── Provided records

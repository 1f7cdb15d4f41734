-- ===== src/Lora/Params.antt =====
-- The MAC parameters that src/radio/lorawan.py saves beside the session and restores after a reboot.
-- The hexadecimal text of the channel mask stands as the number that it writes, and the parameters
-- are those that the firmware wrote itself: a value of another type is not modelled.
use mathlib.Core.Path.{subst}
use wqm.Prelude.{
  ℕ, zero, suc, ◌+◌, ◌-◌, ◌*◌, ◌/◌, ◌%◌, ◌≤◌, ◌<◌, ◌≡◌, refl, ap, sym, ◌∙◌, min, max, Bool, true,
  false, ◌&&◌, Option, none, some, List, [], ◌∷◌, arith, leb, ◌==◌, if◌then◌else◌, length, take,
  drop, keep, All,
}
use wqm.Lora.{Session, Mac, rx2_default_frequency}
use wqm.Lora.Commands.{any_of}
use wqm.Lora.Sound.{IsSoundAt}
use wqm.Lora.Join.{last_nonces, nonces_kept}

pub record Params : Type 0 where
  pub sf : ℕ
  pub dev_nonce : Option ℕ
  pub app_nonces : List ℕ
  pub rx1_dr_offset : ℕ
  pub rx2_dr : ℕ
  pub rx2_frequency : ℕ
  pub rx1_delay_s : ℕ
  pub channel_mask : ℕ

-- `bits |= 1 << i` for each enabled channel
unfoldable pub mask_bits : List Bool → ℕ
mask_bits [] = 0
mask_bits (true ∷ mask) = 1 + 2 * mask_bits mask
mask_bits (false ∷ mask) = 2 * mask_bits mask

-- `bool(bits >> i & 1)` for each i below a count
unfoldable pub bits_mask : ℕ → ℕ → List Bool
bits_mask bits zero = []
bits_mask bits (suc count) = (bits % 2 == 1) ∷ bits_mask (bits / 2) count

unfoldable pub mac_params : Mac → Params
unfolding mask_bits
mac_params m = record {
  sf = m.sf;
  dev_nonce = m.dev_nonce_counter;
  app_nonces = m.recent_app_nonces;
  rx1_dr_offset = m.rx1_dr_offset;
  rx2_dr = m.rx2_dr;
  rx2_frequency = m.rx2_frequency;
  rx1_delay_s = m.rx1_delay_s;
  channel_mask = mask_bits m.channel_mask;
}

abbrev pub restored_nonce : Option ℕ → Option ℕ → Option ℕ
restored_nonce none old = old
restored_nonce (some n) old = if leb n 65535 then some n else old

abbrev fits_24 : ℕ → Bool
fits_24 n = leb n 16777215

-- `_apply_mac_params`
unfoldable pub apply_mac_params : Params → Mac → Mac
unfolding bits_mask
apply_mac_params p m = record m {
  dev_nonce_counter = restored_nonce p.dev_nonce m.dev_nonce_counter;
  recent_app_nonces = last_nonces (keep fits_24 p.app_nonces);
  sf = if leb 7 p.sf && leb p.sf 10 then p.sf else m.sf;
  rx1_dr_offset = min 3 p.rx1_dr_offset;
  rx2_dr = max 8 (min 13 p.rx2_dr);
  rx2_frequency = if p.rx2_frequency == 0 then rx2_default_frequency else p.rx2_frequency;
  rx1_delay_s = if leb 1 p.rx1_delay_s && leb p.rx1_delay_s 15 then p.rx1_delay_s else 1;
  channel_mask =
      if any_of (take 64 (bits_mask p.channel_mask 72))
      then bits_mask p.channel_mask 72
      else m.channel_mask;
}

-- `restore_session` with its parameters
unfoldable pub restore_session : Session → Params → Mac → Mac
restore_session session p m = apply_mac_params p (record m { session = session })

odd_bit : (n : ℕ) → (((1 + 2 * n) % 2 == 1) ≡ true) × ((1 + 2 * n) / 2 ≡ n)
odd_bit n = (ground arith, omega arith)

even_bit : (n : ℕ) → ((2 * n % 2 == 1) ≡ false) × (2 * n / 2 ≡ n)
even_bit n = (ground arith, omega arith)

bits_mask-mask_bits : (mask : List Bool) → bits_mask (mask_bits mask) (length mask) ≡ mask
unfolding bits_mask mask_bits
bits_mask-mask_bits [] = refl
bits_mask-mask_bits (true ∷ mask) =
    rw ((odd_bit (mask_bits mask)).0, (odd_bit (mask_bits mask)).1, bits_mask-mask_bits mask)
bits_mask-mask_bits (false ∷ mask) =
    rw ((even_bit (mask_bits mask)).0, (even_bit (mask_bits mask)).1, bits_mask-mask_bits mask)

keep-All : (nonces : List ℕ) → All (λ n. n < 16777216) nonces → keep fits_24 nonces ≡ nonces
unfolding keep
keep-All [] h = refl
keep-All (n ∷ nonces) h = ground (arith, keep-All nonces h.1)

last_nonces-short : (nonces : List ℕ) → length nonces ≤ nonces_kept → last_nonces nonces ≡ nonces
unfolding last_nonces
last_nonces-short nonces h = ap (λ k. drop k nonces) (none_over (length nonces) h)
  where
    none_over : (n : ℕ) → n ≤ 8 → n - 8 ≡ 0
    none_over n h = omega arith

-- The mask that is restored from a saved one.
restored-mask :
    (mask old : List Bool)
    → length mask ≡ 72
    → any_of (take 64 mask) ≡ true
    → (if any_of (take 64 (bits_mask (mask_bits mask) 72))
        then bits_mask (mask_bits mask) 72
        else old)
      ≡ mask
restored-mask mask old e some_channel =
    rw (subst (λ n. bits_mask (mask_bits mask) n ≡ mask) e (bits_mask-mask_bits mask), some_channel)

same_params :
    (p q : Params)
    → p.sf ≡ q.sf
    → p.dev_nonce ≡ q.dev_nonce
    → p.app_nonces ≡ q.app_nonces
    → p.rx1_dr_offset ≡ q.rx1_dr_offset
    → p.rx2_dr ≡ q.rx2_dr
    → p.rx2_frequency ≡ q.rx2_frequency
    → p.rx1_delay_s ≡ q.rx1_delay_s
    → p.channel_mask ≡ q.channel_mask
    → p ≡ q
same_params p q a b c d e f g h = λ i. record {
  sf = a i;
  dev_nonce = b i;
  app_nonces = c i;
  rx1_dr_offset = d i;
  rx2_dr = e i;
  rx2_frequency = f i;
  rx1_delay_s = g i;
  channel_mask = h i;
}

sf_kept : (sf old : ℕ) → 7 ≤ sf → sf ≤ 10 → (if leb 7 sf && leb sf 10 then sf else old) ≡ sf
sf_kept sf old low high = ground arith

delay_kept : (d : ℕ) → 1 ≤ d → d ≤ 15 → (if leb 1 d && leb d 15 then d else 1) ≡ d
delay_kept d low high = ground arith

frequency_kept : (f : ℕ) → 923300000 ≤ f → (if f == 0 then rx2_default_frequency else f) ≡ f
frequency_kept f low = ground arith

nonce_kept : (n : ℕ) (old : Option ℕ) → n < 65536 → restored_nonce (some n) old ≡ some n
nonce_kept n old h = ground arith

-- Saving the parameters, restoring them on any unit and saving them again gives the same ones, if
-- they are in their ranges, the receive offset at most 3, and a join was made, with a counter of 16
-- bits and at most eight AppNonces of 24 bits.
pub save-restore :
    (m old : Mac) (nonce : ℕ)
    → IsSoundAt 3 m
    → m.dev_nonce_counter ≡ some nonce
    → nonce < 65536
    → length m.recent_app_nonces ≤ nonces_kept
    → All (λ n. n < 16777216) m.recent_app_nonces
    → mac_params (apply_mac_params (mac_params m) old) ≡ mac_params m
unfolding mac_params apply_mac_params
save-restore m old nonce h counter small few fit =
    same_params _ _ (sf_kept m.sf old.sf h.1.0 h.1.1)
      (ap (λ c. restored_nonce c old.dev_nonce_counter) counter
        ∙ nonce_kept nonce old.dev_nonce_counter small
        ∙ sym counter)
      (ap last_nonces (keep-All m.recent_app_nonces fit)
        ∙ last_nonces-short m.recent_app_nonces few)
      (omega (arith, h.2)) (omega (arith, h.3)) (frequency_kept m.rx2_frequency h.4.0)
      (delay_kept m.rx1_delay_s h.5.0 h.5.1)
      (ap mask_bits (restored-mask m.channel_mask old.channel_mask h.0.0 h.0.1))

────
── Provided records

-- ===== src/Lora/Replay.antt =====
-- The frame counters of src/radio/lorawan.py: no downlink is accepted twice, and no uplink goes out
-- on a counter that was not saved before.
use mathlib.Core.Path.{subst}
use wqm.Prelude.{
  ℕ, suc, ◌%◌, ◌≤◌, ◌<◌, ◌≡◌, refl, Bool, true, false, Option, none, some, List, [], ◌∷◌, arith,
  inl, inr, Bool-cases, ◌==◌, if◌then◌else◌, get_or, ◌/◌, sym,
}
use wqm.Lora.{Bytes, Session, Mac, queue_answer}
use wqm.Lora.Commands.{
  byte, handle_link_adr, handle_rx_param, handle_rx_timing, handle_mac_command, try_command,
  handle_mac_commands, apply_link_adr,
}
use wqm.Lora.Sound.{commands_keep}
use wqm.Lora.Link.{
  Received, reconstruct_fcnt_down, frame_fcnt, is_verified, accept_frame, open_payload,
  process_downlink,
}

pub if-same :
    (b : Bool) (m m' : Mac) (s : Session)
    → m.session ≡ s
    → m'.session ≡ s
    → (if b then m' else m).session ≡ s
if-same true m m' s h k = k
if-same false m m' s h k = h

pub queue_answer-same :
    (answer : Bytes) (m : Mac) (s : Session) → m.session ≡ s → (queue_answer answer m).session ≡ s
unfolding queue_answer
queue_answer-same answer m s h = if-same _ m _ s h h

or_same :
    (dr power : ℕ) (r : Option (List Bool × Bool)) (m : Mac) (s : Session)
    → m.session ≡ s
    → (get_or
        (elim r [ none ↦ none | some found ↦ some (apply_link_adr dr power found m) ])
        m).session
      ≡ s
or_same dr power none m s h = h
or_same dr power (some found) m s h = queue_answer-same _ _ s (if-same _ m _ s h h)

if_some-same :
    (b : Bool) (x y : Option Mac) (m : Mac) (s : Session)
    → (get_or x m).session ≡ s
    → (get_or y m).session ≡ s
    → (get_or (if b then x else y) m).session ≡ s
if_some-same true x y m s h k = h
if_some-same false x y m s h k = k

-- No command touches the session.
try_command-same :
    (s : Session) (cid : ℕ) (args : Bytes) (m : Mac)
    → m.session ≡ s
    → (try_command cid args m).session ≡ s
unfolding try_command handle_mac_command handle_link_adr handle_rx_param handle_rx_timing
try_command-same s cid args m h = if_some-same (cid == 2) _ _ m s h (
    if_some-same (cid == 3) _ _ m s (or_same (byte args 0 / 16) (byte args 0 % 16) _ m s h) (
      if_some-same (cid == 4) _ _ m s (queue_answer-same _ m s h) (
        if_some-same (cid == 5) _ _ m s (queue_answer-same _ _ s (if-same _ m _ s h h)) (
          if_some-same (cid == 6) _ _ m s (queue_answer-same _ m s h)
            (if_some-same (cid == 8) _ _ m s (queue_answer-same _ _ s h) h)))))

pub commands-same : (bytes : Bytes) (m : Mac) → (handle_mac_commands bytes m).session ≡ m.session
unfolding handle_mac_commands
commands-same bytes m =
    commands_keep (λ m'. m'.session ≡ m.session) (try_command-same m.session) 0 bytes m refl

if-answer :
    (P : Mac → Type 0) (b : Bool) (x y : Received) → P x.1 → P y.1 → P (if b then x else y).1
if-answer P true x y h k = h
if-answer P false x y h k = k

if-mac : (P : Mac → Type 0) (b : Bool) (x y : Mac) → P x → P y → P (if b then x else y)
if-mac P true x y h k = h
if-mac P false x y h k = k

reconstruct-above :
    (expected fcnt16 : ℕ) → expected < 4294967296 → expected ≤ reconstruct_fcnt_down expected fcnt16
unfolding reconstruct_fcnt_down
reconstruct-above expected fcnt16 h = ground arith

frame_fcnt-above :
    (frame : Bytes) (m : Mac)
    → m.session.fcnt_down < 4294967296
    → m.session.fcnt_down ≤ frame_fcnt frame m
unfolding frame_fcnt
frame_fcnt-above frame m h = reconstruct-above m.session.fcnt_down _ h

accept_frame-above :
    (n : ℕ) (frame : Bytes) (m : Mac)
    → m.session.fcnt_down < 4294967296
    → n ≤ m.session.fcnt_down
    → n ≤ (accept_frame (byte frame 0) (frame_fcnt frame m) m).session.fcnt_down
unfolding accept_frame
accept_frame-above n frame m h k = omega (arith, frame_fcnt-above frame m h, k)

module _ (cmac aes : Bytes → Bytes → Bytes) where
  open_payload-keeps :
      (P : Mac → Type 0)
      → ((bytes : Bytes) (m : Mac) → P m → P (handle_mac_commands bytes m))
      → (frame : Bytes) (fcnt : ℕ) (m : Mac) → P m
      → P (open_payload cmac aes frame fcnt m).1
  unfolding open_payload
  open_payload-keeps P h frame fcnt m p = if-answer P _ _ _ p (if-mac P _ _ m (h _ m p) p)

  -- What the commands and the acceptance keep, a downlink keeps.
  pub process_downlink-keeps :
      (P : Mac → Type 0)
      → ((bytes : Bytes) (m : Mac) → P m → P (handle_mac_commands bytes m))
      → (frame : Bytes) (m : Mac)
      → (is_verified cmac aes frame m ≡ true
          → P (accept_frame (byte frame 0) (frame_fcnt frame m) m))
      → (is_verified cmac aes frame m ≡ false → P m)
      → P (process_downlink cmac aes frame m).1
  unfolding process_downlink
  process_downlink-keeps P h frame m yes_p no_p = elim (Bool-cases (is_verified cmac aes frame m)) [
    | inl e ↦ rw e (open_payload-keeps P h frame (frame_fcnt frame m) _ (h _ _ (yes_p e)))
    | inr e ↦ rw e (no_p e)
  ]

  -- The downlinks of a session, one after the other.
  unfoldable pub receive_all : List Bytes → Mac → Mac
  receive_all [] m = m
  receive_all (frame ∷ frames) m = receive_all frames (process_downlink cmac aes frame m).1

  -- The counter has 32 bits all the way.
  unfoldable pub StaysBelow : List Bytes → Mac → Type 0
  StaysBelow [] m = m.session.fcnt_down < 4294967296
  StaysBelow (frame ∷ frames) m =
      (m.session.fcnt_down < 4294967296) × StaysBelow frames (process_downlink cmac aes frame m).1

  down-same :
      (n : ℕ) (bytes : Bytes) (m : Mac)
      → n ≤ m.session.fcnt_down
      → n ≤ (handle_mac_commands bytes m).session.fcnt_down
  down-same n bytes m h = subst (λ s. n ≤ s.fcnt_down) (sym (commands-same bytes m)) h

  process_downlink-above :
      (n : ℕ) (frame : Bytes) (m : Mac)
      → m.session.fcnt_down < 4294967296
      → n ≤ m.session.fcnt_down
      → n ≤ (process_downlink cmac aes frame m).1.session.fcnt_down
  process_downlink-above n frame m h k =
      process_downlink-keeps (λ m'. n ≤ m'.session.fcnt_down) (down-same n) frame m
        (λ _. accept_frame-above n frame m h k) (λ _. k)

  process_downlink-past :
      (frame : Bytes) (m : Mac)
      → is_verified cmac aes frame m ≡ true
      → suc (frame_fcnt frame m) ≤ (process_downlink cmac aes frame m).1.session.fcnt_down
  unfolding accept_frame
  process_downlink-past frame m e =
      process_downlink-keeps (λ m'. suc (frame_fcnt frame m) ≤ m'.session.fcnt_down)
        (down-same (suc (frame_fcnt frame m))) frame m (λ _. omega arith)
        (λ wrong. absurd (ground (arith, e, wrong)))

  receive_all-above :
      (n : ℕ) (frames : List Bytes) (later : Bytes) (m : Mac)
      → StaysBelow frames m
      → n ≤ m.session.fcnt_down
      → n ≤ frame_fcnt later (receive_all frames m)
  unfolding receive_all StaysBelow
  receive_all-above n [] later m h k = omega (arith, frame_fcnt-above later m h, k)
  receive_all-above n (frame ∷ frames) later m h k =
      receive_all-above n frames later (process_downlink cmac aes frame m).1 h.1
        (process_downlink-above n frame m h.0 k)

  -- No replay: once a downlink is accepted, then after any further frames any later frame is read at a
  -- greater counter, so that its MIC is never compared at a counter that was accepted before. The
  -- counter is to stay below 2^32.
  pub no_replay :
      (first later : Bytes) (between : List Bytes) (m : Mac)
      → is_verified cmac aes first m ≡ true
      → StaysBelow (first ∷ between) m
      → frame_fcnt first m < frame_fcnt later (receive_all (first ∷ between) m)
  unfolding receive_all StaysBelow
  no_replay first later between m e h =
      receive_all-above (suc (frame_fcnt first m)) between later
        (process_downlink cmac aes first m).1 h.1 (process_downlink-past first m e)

────

# What needs to be done
Using the entries above, give back exactly the line containing "with its parameters", the line containing "dev_nonce = b i;", and every line between them, and nothing else.

# Exercise solution
-- `restore_session` with its parameters
unfoldable pub restore_session : Session → Params → Mac → Mac
restore_session session p m = apply_mac_params p (record m { session = session })

odd_bit : (n : ℕ) → (((1 + 2 * n) % 2 == 1) ≡ true) × ((1 + 2 * n) / 2 ≡ n)
odd_bit n = (ground arith, omega arith)

even_bit : (n : ℕ) → ((2 * n % 2 == 1) ≡ false) × (2 * n / 2 ≡ n)
even_bit n = (ground arith, omega arith)

bits_mask-mask_bits : (mask : List Bool) → bits_mask (mask_bits mask) (length mask) ≡ mask
unfolding bits_mask mask_bits
bits_mask-mask_bits [] = refl
bits_mask-mask_bits (true ∷ mask) =
    rw ((odd_bit (mask_bits mask)).0, (odd_bit (mask_bits mask)).1, bits_mask-mask_bits mask)
bits_mask-mask_bits (false ∷ mask) =
    rw ((even_bit (mask_bits mask)).0, (even_bit (mask_bits mask)).1, bits_mask-mask_bits mask)

keep-All : (nonces : List ℕ) → All (λ n. n < 16777216) nonces → keep fits_24 nonces ≡ nonces
unfolding keep
keep-All [] h = refl
keep-All (n ∷ nonces) h = ground (arith, keep-All nonces h.1)

last_nonces-short : (nonces : List ℕ) → length nonces ≤ nonces_kept → last_nonces nonces ≡ nonces
unfolding last_nonces
last_nonces-short nonces h = ap (λ k. drop k nonces) (none_over (length nonces) h)
  where
    none_over : (n : ℕ) → n ≤ 8 → n - 8 ≡ 0
    none_over n h = omega arith

-- The mask that is restored from a saved one.
restored-mask :
    (mask old : List Bool)
    → length mask ≡ 72
    → any_of (take 64 mask) ≡ true
    → (if any_of (take 64 (bits_mask (mask_bits mask) 72))
        then bits_mask (mask_bits mask) 72
        else old)
      ≡ mask
restored-mask mask old e some_channel =
    rw (subst (λ n. bits_mask (mask_bits mask) n ≡ mask) e (bits_mask-mask_bits mask), some_channel)

same_params :
    (p q : Params)
    → p.sf ≡ q.sf
    → p.dev_nonce ≡ q.dev_nonce
    → p.app_nonces ≡ q.app_nonces
    → p.rx1_dr_offset ≡ q.rx1_dr_offset
    → p.rx2_dr ≡ q.rx2_dr
    → p.rx2_frequency ≡ q.rx2_frequency
    → p.rx1_delay_s ≡ q.rx1_delay_s
    → p.channel_mask ≡ q.channel_mask
    → p ≡ q
same_params p q a b c d e f g h = λ i. record {
  sf = a i;
  dev_nonce = b i;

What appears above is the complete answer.